Background: Movima, Yuracare, Ignaciano and Trinitario are Amerindian populations living in the Bolivian lowlands of the Amazonian basin. The cultural and genetic affinity of the peoples living in this area is poorly known, despite many archaeological studies demonstrating its importance in pre-Columbian times. Densely populated Amerindian groups occupied the region, both in the Llanos and along the river streams of the Amazonian basin, practising intense agricultural activities and exchange of goods. The historical and linguistic records indicate that the land was occupied through successive migrations that gave rise to complex socio-economic communities. Genetic information suggests that the colonization of the American continent was fairly simple from a emigrational point of view, but other evolutionary processes, such as genetic drift or natural selection, could have also shaped the genetic background of present day populations in the Beni region.
Aim: The objective of this study is to characterize the genetic diversity of these populations by analysing the sequence variability of the HVR-I control region in the mitochondrial DNA (mtDNA). The Amerindian origin of these populations suggests that close genetic similarities should be evident between the Beni samples studied here and other Amerindian groups. However, complex processes of population interactions and/or isolation in the Beni region might result in non-expected genetic affinities.
Subjects and methods: DNA was extracted from pulled-out hairs obtained in situ from non-closely related individuals living in the Beni Department in Bolivia. DNA was extracted using a standard Chelex 100 method and a 401 bp DNA fragment of the HVR-I region was amplified using specific primers (L-15978 and H-16412). DNA amplicons were purified by centrifugation using Microspin S-300 HR columns and both SNA strands were sequenced after asymmetric PCR using direct Dye-Terminator 2 sequencing kit (Perkin-Elmer). Two independent 401 and 328 bp DNA fragments were sequenced separately for each sample. The sequence analyses includes mismatch distributions and mean pairwise differences, median network analysis, and neighbour joining, maximum likelihood phylogenetic comparisons. Genetic diversity of DNA sequences was also measured in various ways for the sample studied and UPGMA trees were drawn, including a large number of South Amerindian sequences.

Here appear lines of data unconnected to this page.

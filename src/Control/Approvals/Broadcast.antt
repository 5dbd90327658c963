-- ===== src/Control/Approvals/Broadcast.antt =====
-- The fan-out of an event to the listeners of the gate: `_broadcast`, with `unsubscribe` and the
-- bounded `asyncio.Queue`. A queue is an object, known by a number; its consumers are not modelled.
use plugin_baselithbot.Common.{ℕ, String, Bool, List, [], ◌∷◌, ◌++◌, map, leb, eqb, if◌then◌else◌}
use plugin_baselithbot.Lists.{length}

pub record Message (B : Type 0) : Type 0 where
  pub event_type : String
  pub payload : B

pub record Listener (B : Type 0) : Type 0 where
  pub queue : ℕ
  pub messages : List (Message B)

-- asyncio.Queue(maxsize=64)
abbrev pub queue_size : ℕ
queue_size = 64

module _ {B : Type 0} where
  unfoldable pub is_full : Listener B → Bool
  is_full q = leb queue_size (length q.messages)

  -- queue.put_nowait(message), where `QueueFull` leaves the queue as it was
  unfoldable pub offer : Message B → Listener B → Listener B
  unfolding is_full
  offer m q = if is_full q then q else record q { messages = q.messages ++ m ∷ [] }

  -- self._listeners.remove(queue); a queue that is not there is ignored
  unfoldable pub remove_listener : List (Listener B) → ℕ → List (Listener B)
  remove_listener [] queue = []
  remove_listener (l ∷ ls) queue = if eqb l.queue queue then ls else l ∷ remove_listener ls queue

  unfoldable pub dead : List (Listener B) → List ℕ
  unfolding is_full
  dead [] = []
  dead (l ∷ ls) = if is_full l then l.queue ∷ dead ls else dead ls

  unfoldable pub remove_all : List (Listener B) → List ℕ → List (Listener B)
  unfolding remove_listener
  remove_all ls [] = ls
  remove_all ls (q ∷ qs) = remove_all (remove_listener ls q) qs

  unfoldable pub broadcast : List (Listener B) → String → B → List (Listener B)
  unfolding offer dead remove_all
  broadcast ls event_type payload =
      remove_all (map (offer (record { event_type = event_type; payload = payload })) ls) (dead ls)
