-- ===== src/Control/Approvals.antt =====
-- control/approvals.py: the human-in-the-loop gate. Requests are shared objects: the submitter, the
-- table of pending requests and the history hold references, here the request's id, into one store.
pub mod Broadcast
pub mod Effects
pub mod Delivery
pub mod Sound
pub mod Schedule
pub mod Invariant
pub mod Decisions
pub mod Returns
pub mod Liveness
use plugin_baselithbot.Common.{
  ℕ, ◌+◌, max, String, Bool, true, false, Option, none, some, List, [], ◌∷◌, ◌++◌, ◌==◌, ltb,
  if◌then◌else◌, map,
}
use plugin_baselithbot.Clock.{second}
use plugin_baselithbot.Lists.{length, take_last, contains}
use plugin_baselithbot.Dict.{Dict, get, put, adjust}
use plugin_baselithbot.Control.Approvals.Broadcast.{Listener, remove_listener, broadcast}

pub data ApprovalStatus : Type 0 where
  pending approved denied timed_out : ApprovalStatus

-- `event_set` is the state of the `asyncio.Event` that the submitter waits for.
pub record ApprovalRequest (P : Type 0) : Type 0 where
  pub id : String
  pub capability : String
  pub action : String
  pub params : P
  pub submitted_at : ℕ
  pub timeout_seconds : ℕ
  pub status : ApprovalStatus
  pub resolved_at : Option ℕ
  pub reason : Option String
  pub event_set : Bool

abbrev pub is_pending : ApprovalStatus → Bool
is_pending pending = true
is_pending _ = false

-- What the dashboard is shown of a request.
pub record Snapshot (P : Type 0) : Type 0 where
  pub id : String
  pub capability : String
  pub action : String
  pub params : P
  pub submitted_at : ℕ
  pub timeout_seconds : ℕ
  pub status : ApprovalStatus
  pub resolved_at : Option ℕ
  pub reason : Option String
  pub expires_at : ℕ

-- `table` keeps the keys of `_pending`, whose values are the requests of those ids.
pub record ApprovalGate (P : Type 0) : Type 0 where
  pub requests : Dict (ApprovalRequest P)
  pub table : List String
  pub history : List String
  pub history_size : ℕ
  pub listeners : List (Listener (Snapshot P))

-- self._pending.pop(id, None)
unfoldable pub drop_key : String → List String → List String
drop_key id [] = []
drop_key id (k ∷ ks) = if k == id then drop_key id ks else k ∷ drop_key id ks

-- self._pending[id] = ...
unfoldable pub add_key : String → List String → List String
unfolding contains
add_key id ks = if contains id ks then ks else ks ++ id ∷ []

module _ {P : Type 0} where
  abbrev pub snapshot : ApprovalRequest P → Snapshot P
  snapshot r = record {
    id = r.id;
    capability = r.capability;
    action = r.action;
    params = r.params;
    submitted_at = r.submitted_at;
    timeout_seconds = r.timeout_seconds;
    status = r.status;
    resolved_at = r.resolved_at;
    reason = r.reason;
    expires_at = r.submitted_at + r.timeout_seconds;
  }

  unfoldable pub init : ℕ → ApprovalGate P
  init history_size = record {
    requests = [];
    table = [];
    history = [];
    history_size = max 10 history_size;
    listeners = [];
  }

  unfoldable pub move_to_history : ApprovalGate P → String → ApprovalGate P
  unfolding drop_key
  move_to_history g id =
      let history = g.history ++ id ∷ [] in
      record g {
        table = drop_key id g.table;
        history =
            if ltb g.history_size (length history)
            then take_last g.history_size history
            else history;
      }

  unfoldable pub announce : ApprovalGate P → String → String → ApprovalGate P
  announce g event_type id = elim (get g.requests id) [
    | none ↦ g
    | some r ↦ record g { listeners = broadcast g.listeners event_type (snapshot r) }
  ]

  abbrev pub new_request : String → String → String → P → ℕ → ℕ → ApprovalRequest P
  new_request id capability action params timeout_seconds now = record {
    id = id;
    capability = capability;
    action = action;
    params = params;
    submitted_at = now;
    timeout_seconds = max second timeout_seconds;
    status = pending;
    resolved_at = none;
    reason = none;
    event_set = false;
  }

  -- The first part of `submit`, up to the wait; `id` is what `uuid.uuid4().hex` returns.
  unfoldable pub submit : ApprovalGate P → String → String → String → P → ℕ → ℕ → ApprovalGate P
  unfolding announce add_key
  submit g id capability action params timeout_seconds now =
      let r = new_request id capability action params timeout_seconds now in
      announce (record g { requests = put g.requests id r; table = add_key id g.table })
        "approval.pending" id

  abbrev pub expired : ApprovalRequest P → ℕ → ApprovalRequest P
  expired r now =
      if is_pending r.status
      then record r { status = timed_out; resolved_at = some now; reason = some "timeout" }
      else r

  -- The handler of `TimeoutError` in `submit`.
  unfoldable pub on_timeout : ApprovalGate P → String → ℕ → ApprovalGate P
  unfolding move_to_history announce
  on_timeout g id now =
      announce
        (move_to_history (record g { requests = adjust g.requests id (λ r. expired r now) }) id)
        "approval.resolved" id

  abbrev pub resolved : ApprovalRequest P → ApprovalStatus → Option String → ℕ → ApprovalRequest P
  resolved r status reason now = record r {
    status = status;
    resolved_at = some now;
    reason = reason;
    event_set = true;
  }

  unfoldable pub resolve_found :
      ApprovalGate P
      → ApprovalRequest P
      → String
      → ApprovalStatus
      → Option String
      → ℕ
      → ApprovalGate P × Bool
  unfolding move_to_history announce
  resolve_found g r id status reason now =
      let requests = adjust g.requests id (λ x. resolved x status reason now) in
      if is_pending r.status
      then (
        announce (move_to_history (record g { requests = requests }) id) "approval.resolved" id,
        true,
      )
      else (g, false)

  -- self._pending.get(id)
  abbrev pub pending_request : ApprovalGate P → String → Option (ApprovalRequest P)
  pending_request g id = if contains id g.table then get g.requests id else none

  unfoldable pub resolve :
      ApprovalGate P → String → ApprovalStatus → Option String → ℕ → ApprovalGate P × Bool
  unfolding resolve_found contains
  resolve g id status reason now = elim (pending_request g id) [
    | none ↦ (g, false)
    | some r ↦ resolve_found g r id status reason now
  ]

  abbrev pub approve : ApprovalGate P → String → Option String → ℕ → ApprovalGate P × Bool
  approve g id reason now = resolve g id approved reason now

  abbrev pub deny : ApprovalGate P → String → Option String → ℕ → ApprovalGate P × Bool
  deny g id reason now = resolve g id denied reason now

  unfoldable pub subscribe : ApprovalGate P → ℕ → ApprovalGate P
  subscribe g queue = record g {
    listeners = g.listeners ++ (record { queue = queue; messages = [] }) ∷ [];
  }

  unfoldable pub unsubscribe : ApprovalGate P → ℕ → ApprovalGate P
  unsubscribe g queue = record g { listeners = remove_listener g.listeners queue }

  unfoldable pub lookup_all : Dict (ApprovalRequest P) → List String → List (ApprovalRequest P)
  lookup_all requests [] = []
  lookup_all requests (id ∷ ids) = elim (get requests id) [
    | none ↦ lookup_all requests ids
    | some r ↦ r ∷ lookup_all requests ids
  ]

  unfoldable pub pending_list : ApprovalGate P → List (ApprovalRequest P)
  unfolding lookup_all
  pending_list g = lookup_all g.requests g.table

  -- The pending requests and the last fifty of the history, for the dashboard.
  unfoldable pub snapshot_view : ApprovalGate P → List (Snapshot P) × List (Snapshot P)
  unfolding lookup_all
  snapshot_view g = (
    map snapshot (lookup_all g.requests g.table),
    map snapshot (lookup_all g.requests (take_last 50 g.history)),
  )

Results: The genetic diversity of 401 nucleotide long mtDNA sequences in the hypervariable control region, from positions 16,000-16,400, was characterized in a sample of 54 Amerindians living in the Llanos de Moxos. A total of 34 distinct lineages were observed, defined by 41 variable nucleotide positions, and 70.6% of all lineages were single sequences. All four major Amerindian haplogroups were detected (A 18.5%, n=10; B 24.1%, n=13, C 50.0% n=27; and D 5.6%, n=3). The median network analysis observed suggests that processes of population expansion took place in the Beni region. However, no clear haplotype differentiation by population could be detected. High levels of molecular variability and a bimodal pair-wise mismatch distribution were seen within the sample. The analyses of molecular variance (AMOVA) showed that most of the variance observed was due to intrapopulation variability, and that the highest among-groups variance was obtained when a linguistic classification criteria was used. The phylogenetic comparison revealed unique lineages in the Beni areas, not reported for other Amerindian populations.
Conclusions: The genetic diversity observed in the Beni area is higher than that observed in other American populations living in much larger areas and with a long, known evolutionary history, despite the reduced area of Moxos. This could result from processes of reproductive isolation between groups, followed by population expansions and migration, where genetic drift might have be a major evolutionary force in population differentiation.